Wednesday, October 01, 2008

Brussels and Fiscal spending

Expect "revisions" to the Maastricht treaty. The markets will force their hand much as it forced the hand of our own politicans during this latest imbroglio. The "revisions" will be couched in terms of increased subsidiarity to the EU members, but will in reality seek to strip more economic sovereignity from its members. This will fail.

With individual countries having self imposed constraints on budget deficits, they cannot spend to address faltering domestic demand, and the PIGS certainly cannot issue more debt. Brussels has no fiscal authority among the several countries and does not insure bank deposits in the several countries. External debt can unwind VERY quickly.

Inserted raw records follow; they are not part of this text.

-- ===== src/Strings.antt =====
-- subs.c and fileconf.c: texts without the blanks at their ends, words, strings in quotes, commands
-- and the values of options. A pointer is the text from there to its NUL; what a function cuts off
-- by writing a NUL is dropped. Characters are those of ASCII. `remove_blanks` reads the character in
-- front of a text that is all blank; here it is not '\n', as in all texts fcrontab reads.
pub mod Laws
use fcron.Prelude.{
  ℕ, zero, suc, ◌+◌, ◌-◌, Bool, true, false, not, ◌&&◌, ◌||◌, Option, none, some, List, [], ◌∷◌,
  length, take, drop, leb, ◌==◌, if◌then◌else◌,
}
use fcron.Parser.{Text, peek, next, is_digit, is_alpha, skip_blanks}

-- `isspace` and `isalnum`, in the "C" locale.
abbrev pub is_space : ℕ → Bool
is_space c = c == b' ' || (leb 9 c && leb c 13)

abbrev pub is_alnum : ℕ → Bool
is_alnum c = is_alpha c || is_digit c

abbrev pub is_nil : Text → Bool
is_nil [] = true
is_nil (c ∷ cs) = false

-- `strcmp(left, right) == 0`
unfoldable pub same_text : Text → Text → Bool
same_text [] [] = true
same_text [] (d ∷ ds) = false
same_text (c ∷ cs) [] = false
same_text (c ∷ cs) (d ∷ ds) = c == d && same_text cs ds

-- `remove_blanks`: the text in front of the spaces at its end.
unfoldable pub remove_blanks : Text → Text
remove_blanks [] = []
remove_blanks (c ∷ cs) =
    let rest = remove_blanks cs in if is_space c && is_nil rest then [] else c ∷ rest

-- `get_word`: the word behind the blanks, and what follows it.
unfoldable pub word : Text → Text × Text
word [] = ([], [])
word (c ∷ cs) =
    let (w, rest) = word cs in
    if is_alnum c || c == b'_' || c == b'-' then (c ∷ w, rest) else ([], c ∷ cs)

unfoldable pub get_word : Text → Text × Text
unfolding word skip_blanks
get_word str = word (skip_blanks str)

-- The last character of a text, behind a character.
unfoldable pub last : ℕ → Text → ℕ
last d [] = d
last d (c ∷ cs) = last c cs

abbrev pub is_quote : ℕ → Bool
is_quote c = c == b'"' || c == b'\''

-- The quote at the end; in front of an empty text, `*(ptr + length - 1)` is the first quote.
unfoldable pub close_quote : ℕ → Text → Option Text
unfolding last
close_quote quote ptr = if last quote ptr == quote then some (take (length ptr - 1) ptr) else none

-- `get_string`; `none` is NULL.
unfoldable pub get_string : Text → Option Text
unfolding remove_blanks close_quote
get_string ptr =
    if is_quote (peek ptr)
    then close_quote (peek ptr) (remove_blanks (next ptr))
    else some (remove_blanks ptr)

-- `get_command`
unfoldable pub get_command : Text → Text
unfolding remove_blanks
get_command ptr = remove_blanks ptr

-- `option_strlen`
unfoldable pub option_strlen : Text → ℕ
option_strlen [] = 0
option_strlen (c ∷ cs) = let len = option_strlen cs in if c == b')' || c == 0 then 0 else suc len

-- Spaces and quotes are not allowed at an end of a value.
abbrev pub is_bad_end : ℕ → Bool
is_bad_end c = is_space c || is_quote c

-- `assign_option_string`: what the variable holds then, and the length. `none` is NULL and -1.
unfoldable pub assign_option_string : Text → Option Text × Option ℕ
unfolding option_strlen last
assign_option_string value =
    let len = option_strlen value in
    if len == 0
    then (none, some 0)
    else if is_bad_end (peek value) || is_bad_end (last 0 (take len value))
    then (none, none)
    else (some (take len value), some len)
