-- ===== src/Access.antt =====
-- allow.c: who may use fcrontab. A file is what `fgets` gives, one text after the other, and `none` if
-- it does not exist; that it cannot be opened for another reason ends the program. getpwnam is a
-- parameter. An empty line makes `remove_blanks` read the character in front of the buffer.
pub mod Denied
use fcron.Prelude.{
  ℕ, Bool, true, false, not, ◌&&◌, ◌||◌, Option, none, some, List, [], ◌∷◌, codes, ◌==◌,
  if◌then◌else◌,
}
use fcron.Load.{c_string}
use fcron.Parser.{Text, peek, skip_blanks}
use fcron.Strings.{remove_blanks, same_text}

-- The results -1, 0, 1 and 2 of `in_file`.
pub data Listed : Type 0 where
  no_file not_listed listed all_listed : Listed

-- The line without blanks at its ends, and whether it is a comment or empty.
abbrev pub entry_of : Text → Text
entry_of line = remove_blanks (skip_blanks (c_string line))

abbrev pub is_comment : Text → Bool
is_comment line = let c = peek (skip_blanks (c_string line)) in c == b'#' || c == 0

-- The loop of `in_file`.
unfoldable pub in_lines : Text → List Text → Listed
unfolding same_text remove_blanks skip_blanks c_string
in_lines str [] = Listed.not_listed
in_lines str (line ∷ lines) =
    let rest = in_lines str lines in
    if is_comment line
    then rest
    else if same_text str (entry_of line)
    then Listed.listed
    else if same_text (entry_of line) (codes "all")
    then Listed.all_listed
    else rest

unfoldable pub in_file : Text → Option (List Text) → Listed
unfolding in_lines
in_file str none = Listed.no_file
in_file str (some lines) = in_lines str lines

-- The tests of `is_allowed`, by what the two files say.
unfoldable pub may_use : Listed → Listed → Bool
may_use Listed.no_file Listed.no_file = true
may_use Listed.no_file Listed.not_listed = true
may_use Listed.listed Listed.no_file = true
may_use Listed.listed Listed.not_listed = true
may_use Listed.listed Listed.all_listed = true
may_use Listed.all_listed Listed.no_file = true
may_use Listed.all_listed Listed.not_listed = true
may_use _ _ = false

-- `is_allowed`, with fcron.allow and fcron.deny.
unfoldable pub is_allowed : (Text → Bool) → Text → Option (List Text) → Option (List Text) → Bool
unfolding in_file may_use
is_allowed in_passwd user allow deny =
    if in_passwd user then may_use (in_file user allow) (in_file user deny) else false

We see that the Euro area is aping the U.S. "rescue package", and it has failed, at least initially. Recall that the Treaty has never been battle tested. We will see what it is made of.

And it is in serious trouble at the moment. The area needs US dollar funding more than their domestic currencies. The UK has also felt this lack of liquidity, but they of course can deficit spend as required to maintain aggregate demand.

The ECB is speaking strictly from a self-preservation standpoint (the reason detre of beurocrats) when it calls for order in the global markets.

My largest fear (longish term)is a return to conventional warfare. Europe has been at peace for 50+ years (not counting recent troubles in the Balkans). That is longest period of peace in over 1000 years. I am an Economic Determinist (Marx did have some good analytical tools, even if I think he came to some terrible conclusions) and when the chips are down, the Euro area does not exactly have the best record for picking themselves back up in a peaceful, collaborative manner.